Exercise inputs –
━━━
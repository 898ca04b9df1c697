-- ===== src/Workflow/Unlocked.antt =====
-- agent_control/workflow/scheduler.py: after a round of `run` no resource is locked.
use freaky_monkey.Base.{
  ℕ, zero, suc, ◌≤◌, String, Bool, true, false, some, List, [], ◌∷◌, ◌≡◌, ◌≢◌, arith, any, All,
  get_elem?, inl, inr, Bool-cases,
}
use freaky_monkey.Workflow.Status.{StepStatus}
use freaky_monkey.Workflow.Model.{WorkflowStep}
use freaky_monkey.Workflow.Locks.{LockManager, owner, owned_by, is_locked, IsConsistent}
use freaky_monkey.Workflow.Ready.{ok, marked_steps}
use freaky_monkey.Workflow.Run.{Environment, RunState, dispatch, futures_from}
use freaky_monkey.Workflow.Dispatch.{marked}
use freaky_monkey.Workflow.Rounds.{complete_all, set_steps}
use freaky_monkey.Workflow.Returns.{dispatch-IsConsistent}
use freaky_monkey.Workflow.Follows.{AllDone, IsDone, submitted_at}
use freaky_monkey.Workflow.Freed.{dispatch-owner, holder_at, unowned_free}
use freaky_monkey.Workflow.Completes.{
  YieldsAll, IsSettling, complete_all-Completes, Completes, IsFreed,
}

-- What a submission loop makes of the nodes that a scan left, and its futures.
abbrev pub sent_of : ℕ → RunState → List (WorkflowStep × Bool) → List (WorkflowStep × Bool)
sent_of max st ms = (dispatch max st.locks 0 ms).1

abbrev pub sent_state : ℕ → RunState → List (WorkflowStep × Bool) → RunState
sent_state max st ms = record st {
  workflow = set_steps st.workflow (marked_steps (sent_of max st ms));
  locks = (dispatch max st.locks 0 ms).0;
}

abbrev pub futures : ℕ → RunState → List (WorkflowStep × Bool) → List ℕ
futures max st ms = futures_from 0 (sent_of max st ms)

abbrev pub IsFree : LockManager → Type 0
IsFree m = (r : String) → r ≢ "" → is_locked m r ≡ false

pub marked-any : (ms : List (WorkflowStep × Bool)) → any (λ m. m.1) ms ≡ true → 1 ≤ marked ms
marked-any [] h = cc
marked-any (m ∷ ms) h = ground (arith, marked-any ms)

position_of :
    (sent : List (WorkflowStep × Bool)) (k : ℕ) (u : WorkflowStep)
    → get_elem? sent k ≡ some (u, true)
    → get_elem? (marked_steps sent) k ≡ some u
position_of [] k u e = cc
position_of (m ∷ sent) zero u e = ground arith
position_of (m ∷ sent) (suc k) u e = position_of sent k u e

free_owner :
    (m : LockManager) (r node : String)
    → IsConsistent m
    → is_locked m r ≡ false
    → owned_by (owner m r) node ≡ false
unfolding owner
free_owner m r node h free = ground (arith, h r, free)

-- After the futures no resource is locked.
IsFree-after :
    (settles : StepStatus → Bool) (max : ℕ) (ms : List (WorkflowStep × Bool)) (st st2 : RunState)
    → IsConsistent st.locks
    → IsFree st.locks
    → Completes settles (sent_state max st ms) st2
    → ((r node : String)
        → r ≢ ""
        → All (IsFreed st2.locks r node (sent_state max st ms).workflow.steps) (futures max st ms))
    → IsFree st2.locks
IsFree-after settles max ms st st2 locks free done freed r named =
    unowned_free st2.locks r done.locks (λ node.
      elim (Bool-cases (owned_by (owner st2.locks r) node)) [
        | inr gone ↦ gone
        | inl own ↦ elim (Bool-cases (owned_by (owner (sent_state max st ms).locks r) node)) [
          | inr before ↦ done.lost r node named before
          | inl held ↦
              let (k, u, e, holding) = holder_at (sent_of max st ms) r node (
                ground (
                  arith,
                  dispatch-owner max 0 st.locks ms r node held,
                  free_owner st.locks r node locks (free r named),
                )) in
              let back =
                submitted_at (IsFreed st2.locks r node (marked_steps (sent_of max st ms)))
                  (sent_of max st ms) k u (freed r node named) e in
              ground (arith, back, position_of (sent_of max st ms) k u e, holding, own)
        ]
      ])

-- The futures of a round: all come to an end, each node has settled, and no resource is locked.
pub round_futures :
    (settles : StepStatus → Bool) (env : Environment) (round max : ℕ)
    (ms : List (WorkflowStep × Bool)) (st : RunState)
    → IsSettling settles env
    → YieldsAll env
    → IsConsistent st.locks
    → IsFree st.locks
    → (st2 : RunState) × (complete_all env round
          (sent_state max st ms)
          (env.arrival round (futures max st ms))
        ≡ ok st2)
      × Completes settles (sent_state max st ms) st2
      × AllDone settles (sent_of max st ms) st2.workflow.steps
      × IsFree st2.locks
round_futures settles env round max ms st settling all_arrive locks free =
    let (st2, e, done, dones, freed) =
      complete_all-Completes settles env round settling (env.arrival round (futures max st ms))
        (sent_state max st ms) (dispatch-IsConsistent max 0 st.locks ms locks) in
    (
      st2,
      e,
      done,
      λ k u at.
          submitted_at (IsDone settles st2.workflow.steps) (sent_of max st ms) k u
            (all_arrive round (futures max st ms) (IsDone settles st2.workflow.steps) dones) at,
      IsFree-after settles max ms st st2 locks free done (λ r node named.
          all_arrive round (futures max st ms)
            (IsFreed st2.locks r node (sent_state max st ms).workflow.steps) (freed r node named)),
    )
━━━
Exercise brief – After counting the lines of the records above that hold the word "ground", give the total and nothing else.

Answer section – 5